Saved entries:
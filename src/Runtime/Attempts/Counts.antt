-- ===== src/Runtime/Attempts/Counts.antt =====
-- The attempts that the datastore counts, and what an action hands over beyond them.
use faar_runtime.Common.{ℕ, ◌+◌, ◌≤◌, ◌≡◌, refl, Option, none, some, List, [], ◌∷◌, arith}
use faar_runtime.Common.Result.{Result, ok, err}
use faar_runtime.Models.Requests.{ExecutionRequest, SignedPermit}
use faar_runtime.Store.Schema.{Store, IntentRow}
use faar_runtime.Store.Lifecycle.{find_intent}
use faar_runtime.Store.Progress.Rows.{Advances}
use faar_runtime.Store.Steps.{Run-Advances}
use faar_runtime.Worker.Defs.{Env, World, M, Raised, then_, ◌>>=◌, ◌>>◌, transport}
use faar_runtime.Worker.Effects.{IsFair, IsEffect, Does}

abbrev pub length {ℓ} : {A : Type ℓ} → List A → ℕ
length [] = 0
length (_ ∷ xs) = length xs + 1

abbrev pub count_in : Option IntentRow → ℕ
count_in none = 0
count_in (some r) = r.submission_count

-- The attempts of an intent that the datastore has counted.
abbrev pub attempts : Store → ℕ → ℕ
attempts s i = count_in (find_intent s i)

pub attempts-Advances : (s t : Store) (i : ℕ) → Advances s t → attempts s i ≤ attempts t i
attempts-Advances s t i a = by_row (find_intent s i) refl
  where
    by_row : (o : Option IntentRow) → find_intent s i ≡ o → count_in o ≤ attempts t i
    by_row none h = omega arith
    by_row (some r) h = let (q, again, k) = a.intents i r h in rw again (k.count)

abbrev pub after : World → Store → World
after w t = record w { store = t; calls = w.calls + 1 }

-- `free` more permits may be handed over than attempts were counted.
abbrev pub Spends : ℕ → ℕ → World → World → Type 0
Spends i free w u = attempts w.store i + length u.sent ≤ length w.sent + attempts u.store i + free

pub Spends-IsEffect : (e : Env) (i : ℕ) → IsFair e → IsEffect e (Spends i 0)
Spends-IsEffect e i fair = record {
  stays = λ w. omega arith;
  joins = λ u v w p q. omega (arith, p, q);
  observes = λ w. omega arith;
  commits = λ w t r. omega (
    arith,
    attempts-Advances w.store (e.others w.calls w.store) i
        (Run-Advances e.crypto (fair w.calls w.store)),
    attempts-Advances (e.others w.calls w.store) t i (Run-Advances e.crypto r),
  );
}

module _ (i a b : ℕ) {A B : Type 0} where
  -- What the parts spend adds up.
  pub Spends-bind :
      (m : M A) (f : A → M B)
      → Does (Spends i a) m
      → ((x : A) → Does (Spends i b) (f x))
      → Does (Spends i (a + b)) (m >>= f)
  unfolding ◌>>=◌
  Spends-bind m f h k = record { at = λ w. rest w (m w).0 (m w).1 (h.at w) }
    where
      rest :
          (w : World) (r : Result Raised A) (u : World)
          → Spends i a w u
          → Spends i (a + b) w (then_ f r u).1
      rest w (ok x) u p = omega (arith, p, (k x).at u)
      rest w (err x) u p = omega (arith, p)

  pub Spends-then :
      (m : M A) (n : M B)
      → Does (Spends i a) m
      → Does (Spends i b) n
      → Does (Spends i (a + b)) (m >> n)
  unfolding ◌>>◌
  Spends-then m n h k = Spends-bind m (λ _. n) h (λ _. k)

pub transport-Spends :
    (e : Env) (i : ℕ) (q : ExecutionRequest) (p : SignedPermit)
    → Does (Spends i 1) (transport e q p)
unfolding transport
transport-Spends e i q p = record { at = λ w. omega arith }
--
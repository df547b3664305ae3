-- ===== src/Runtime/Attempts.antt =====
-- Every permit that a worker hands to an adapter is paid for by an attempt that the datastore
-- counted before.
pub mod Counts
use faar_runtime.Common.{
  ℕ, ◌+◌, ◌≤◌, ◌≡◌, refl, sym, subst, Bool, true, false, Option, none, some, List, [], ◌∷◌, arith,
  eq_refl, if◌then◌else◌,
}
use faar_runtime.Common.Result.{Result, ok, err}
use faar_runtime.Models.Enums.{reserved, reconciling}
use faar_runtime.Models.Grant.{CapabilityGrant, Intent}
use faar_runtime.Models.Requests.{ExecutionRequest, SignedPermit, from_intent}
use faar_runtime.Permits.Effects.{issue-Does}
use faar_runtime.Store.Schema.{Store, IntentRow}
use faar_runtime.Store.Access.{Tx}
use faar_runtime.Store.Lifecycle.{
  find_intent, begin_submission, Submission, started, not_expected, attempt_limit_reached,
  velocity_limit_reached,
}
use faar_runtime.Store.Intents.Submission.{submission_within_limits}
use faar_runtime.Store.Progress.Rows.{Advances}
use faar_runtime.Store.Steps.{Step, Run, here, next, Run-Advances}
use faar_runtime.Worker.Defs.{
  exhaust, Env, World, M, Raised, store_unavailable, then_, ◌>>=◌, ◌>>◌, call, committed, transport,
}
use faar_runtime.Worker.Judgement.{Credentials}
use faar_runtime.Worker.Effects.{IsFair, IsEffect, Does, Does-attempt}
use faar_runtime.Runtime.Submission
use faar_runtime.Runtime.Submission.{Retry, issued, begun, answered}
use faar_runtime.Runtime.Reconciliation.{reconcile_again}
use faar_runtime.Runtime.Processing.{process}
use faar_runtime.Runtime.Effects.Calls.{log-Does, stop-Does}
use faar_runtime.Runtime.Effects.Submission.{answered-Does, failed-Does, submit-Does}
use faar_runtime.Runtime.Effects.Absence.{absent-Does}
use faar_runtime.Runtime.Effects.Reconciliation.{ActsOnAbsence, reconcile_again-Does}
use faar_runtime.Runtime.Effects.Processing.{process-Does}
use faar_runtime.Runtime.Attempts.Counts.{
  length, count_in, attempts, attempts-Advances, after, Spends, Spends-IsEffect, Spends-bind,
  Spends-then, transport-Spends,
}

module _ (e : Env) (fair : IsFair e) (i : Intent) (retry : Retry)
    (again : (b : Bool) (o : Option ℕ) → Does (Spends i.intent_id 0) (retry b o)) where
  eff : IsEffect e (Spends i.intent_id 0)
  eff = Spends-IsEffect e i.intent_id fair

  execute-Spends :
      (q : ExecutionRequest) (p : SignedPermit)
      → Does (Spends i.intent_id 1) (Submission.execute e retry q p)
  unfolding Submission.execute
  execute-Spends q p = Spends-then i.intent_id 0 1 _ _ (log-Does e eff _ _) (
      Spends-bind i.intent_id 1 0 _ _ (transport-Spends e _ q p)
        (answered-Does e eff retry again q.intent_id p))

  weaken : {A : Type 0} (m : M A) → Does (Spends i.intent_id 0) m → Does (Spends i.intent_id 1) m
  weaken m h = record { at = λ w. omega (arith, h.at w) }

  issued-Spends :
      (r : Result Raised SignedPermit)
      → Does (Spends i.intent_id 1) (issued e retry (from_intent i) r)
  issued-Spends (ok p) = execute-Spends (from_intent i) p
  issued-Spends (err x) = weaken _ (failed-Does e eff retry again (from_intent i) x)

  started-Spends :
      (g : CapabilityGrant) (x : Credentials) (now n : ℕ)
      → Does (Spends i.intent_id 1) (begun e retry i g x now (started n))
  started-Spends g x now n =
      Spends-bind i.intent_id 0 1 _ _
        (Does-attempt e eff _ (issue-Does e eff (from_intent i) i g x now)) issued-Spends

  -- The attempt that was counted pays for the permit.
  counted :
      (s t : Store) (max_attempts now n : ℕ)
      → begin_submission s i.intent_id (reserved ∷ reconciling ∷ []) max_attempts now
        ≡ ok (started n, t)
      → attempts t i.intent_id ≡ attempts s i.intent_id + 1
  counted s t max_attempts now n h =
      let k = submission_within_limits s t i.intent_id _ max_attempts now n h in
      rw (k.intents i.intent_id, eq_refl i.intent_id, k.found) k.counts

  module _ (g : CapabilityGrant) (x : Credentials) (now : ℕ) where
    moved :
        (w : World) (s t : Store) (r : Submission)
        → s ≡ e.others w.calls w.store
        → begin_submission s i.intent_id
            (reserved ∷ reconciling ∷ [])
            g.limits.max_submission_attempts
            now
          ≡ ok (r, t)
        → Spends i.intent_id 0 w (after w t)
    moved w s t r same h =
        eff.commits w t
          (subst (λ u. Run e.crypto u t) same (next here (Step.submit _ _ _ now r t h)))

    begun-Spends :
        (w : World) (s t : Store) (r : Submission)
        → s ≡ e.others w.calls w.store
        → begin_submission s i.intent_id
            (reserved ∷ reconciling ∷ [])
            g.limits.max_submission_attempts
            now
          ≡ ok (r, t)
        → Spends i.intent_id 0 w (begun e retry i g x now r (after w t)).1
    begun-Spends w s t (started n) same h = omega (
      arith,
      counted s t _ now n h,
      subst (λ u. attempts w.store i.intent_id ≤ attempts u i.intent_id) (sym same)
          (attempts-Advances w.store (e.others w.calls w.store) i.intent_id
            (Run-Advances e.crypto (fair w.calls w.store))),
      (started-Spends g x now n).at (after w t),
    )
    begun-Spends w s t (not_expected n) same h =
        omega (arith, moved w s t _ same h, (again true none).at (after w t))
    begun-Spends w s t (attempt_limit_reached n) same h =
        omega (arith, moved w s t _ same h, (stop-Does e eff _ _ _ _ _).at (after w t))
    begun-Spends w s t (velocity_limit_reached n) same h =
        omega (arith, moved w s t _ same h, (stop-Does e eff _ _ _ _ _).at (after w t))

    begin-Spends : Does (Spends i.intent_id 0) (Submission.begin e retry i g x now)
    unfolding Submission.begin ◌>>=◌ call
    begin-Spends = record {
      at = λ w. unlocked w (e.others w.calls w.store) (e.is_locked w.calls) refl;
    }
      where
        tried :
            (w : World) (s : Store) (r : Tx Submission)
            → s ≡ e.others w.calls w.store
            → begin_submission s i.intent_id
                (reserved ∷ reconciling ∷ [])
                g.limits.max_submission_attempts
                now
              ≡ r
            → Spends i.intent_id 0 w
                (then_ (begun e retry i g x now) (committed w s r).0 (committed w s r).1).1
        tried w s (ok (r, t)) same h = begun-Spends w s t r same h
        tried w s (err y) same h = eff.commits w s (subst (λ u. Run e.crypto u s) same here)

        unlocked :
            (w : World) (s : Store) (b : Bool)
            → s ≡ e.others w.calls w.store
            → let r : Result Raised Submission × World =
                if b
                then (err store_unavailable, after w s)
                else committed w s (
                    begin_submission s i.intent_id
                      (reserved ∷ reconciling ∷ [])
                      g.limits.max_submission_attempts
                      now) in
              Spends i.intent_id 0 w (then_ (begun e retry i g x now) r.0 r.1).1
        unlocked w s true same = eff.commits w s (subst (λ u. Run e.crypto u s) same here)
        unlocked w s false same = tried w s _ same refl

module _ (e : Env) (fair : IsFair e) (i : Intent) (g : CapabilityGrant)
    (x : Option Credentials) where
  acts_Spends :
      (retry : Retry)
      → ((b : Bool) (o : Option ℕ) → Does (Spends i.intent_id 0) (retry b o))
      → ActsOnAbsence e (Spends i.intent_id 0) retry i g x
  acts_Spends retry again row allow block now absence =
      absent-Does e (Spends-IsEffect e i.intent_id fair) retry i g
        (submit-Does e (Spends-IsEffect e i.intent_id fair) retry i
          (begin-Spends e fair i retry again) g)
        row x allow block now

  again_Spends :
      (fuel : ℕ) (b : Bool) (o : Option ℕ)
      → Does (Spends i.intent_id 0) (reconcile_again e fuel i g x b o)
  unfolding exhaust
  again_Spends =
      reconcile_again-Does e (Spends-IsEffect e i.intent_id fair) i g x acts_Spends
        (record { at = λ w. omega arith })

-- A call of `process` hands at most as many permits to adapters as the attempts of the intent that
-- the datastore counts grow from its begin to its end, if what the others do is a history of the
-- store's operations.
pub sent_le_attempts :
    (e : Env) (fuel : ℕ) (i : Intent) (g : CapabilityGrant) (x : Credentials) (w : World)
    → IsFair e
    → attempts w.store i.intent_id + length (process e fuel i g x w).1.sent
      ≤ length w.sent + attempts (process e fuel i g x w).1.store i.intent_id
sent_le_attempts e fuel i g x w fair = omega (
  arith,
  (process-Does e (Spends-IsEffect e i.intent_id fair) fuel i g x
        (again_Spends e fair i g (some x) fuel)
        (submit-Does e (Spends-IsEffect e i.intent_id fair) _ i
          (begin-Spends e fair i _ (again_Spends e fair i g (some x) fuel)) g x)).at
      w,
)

[The problem]: Set down, exactly as they stand above, the lines starting with the line with "observes = λ w. omega arith;" and going on through the line with "(then_ f r u).1", and no others.

[Response to the task]:
  observes = λ w. omega arith;
  commits = λ w t r. omega (
    arith,
    attempts-Advances w.store (e.others w.calls w.store) i
        (Run-Advances e.crypto (fair w.calls w.store)),
    attempts-Advances (e.others w.calls w.store) t i (Run-Advances e.crypto r),
  );
}

module _ (i a b : ℕ) {A B : Type 0} where
  -- What the parts spend adds up.
  pub Spends-bind :
      (m : M A) (f : A → M B)
      → Does (Spends i a) m
      → ((x : A) → Does (Spends i b) (f x))
      → Does (Spends i (a + b)) (m >>= f)
  unfolding ◌>>=◌
  Spends-bind m f h k = record { at = λ w. rest w (m w).0 (m w).1 (h.at w) }
    where
      rest :
          (w : World) (r : Result Raised A) (u : World)
          → Spends i a w u
          → Spends i (a + b) w (then_ f r u).1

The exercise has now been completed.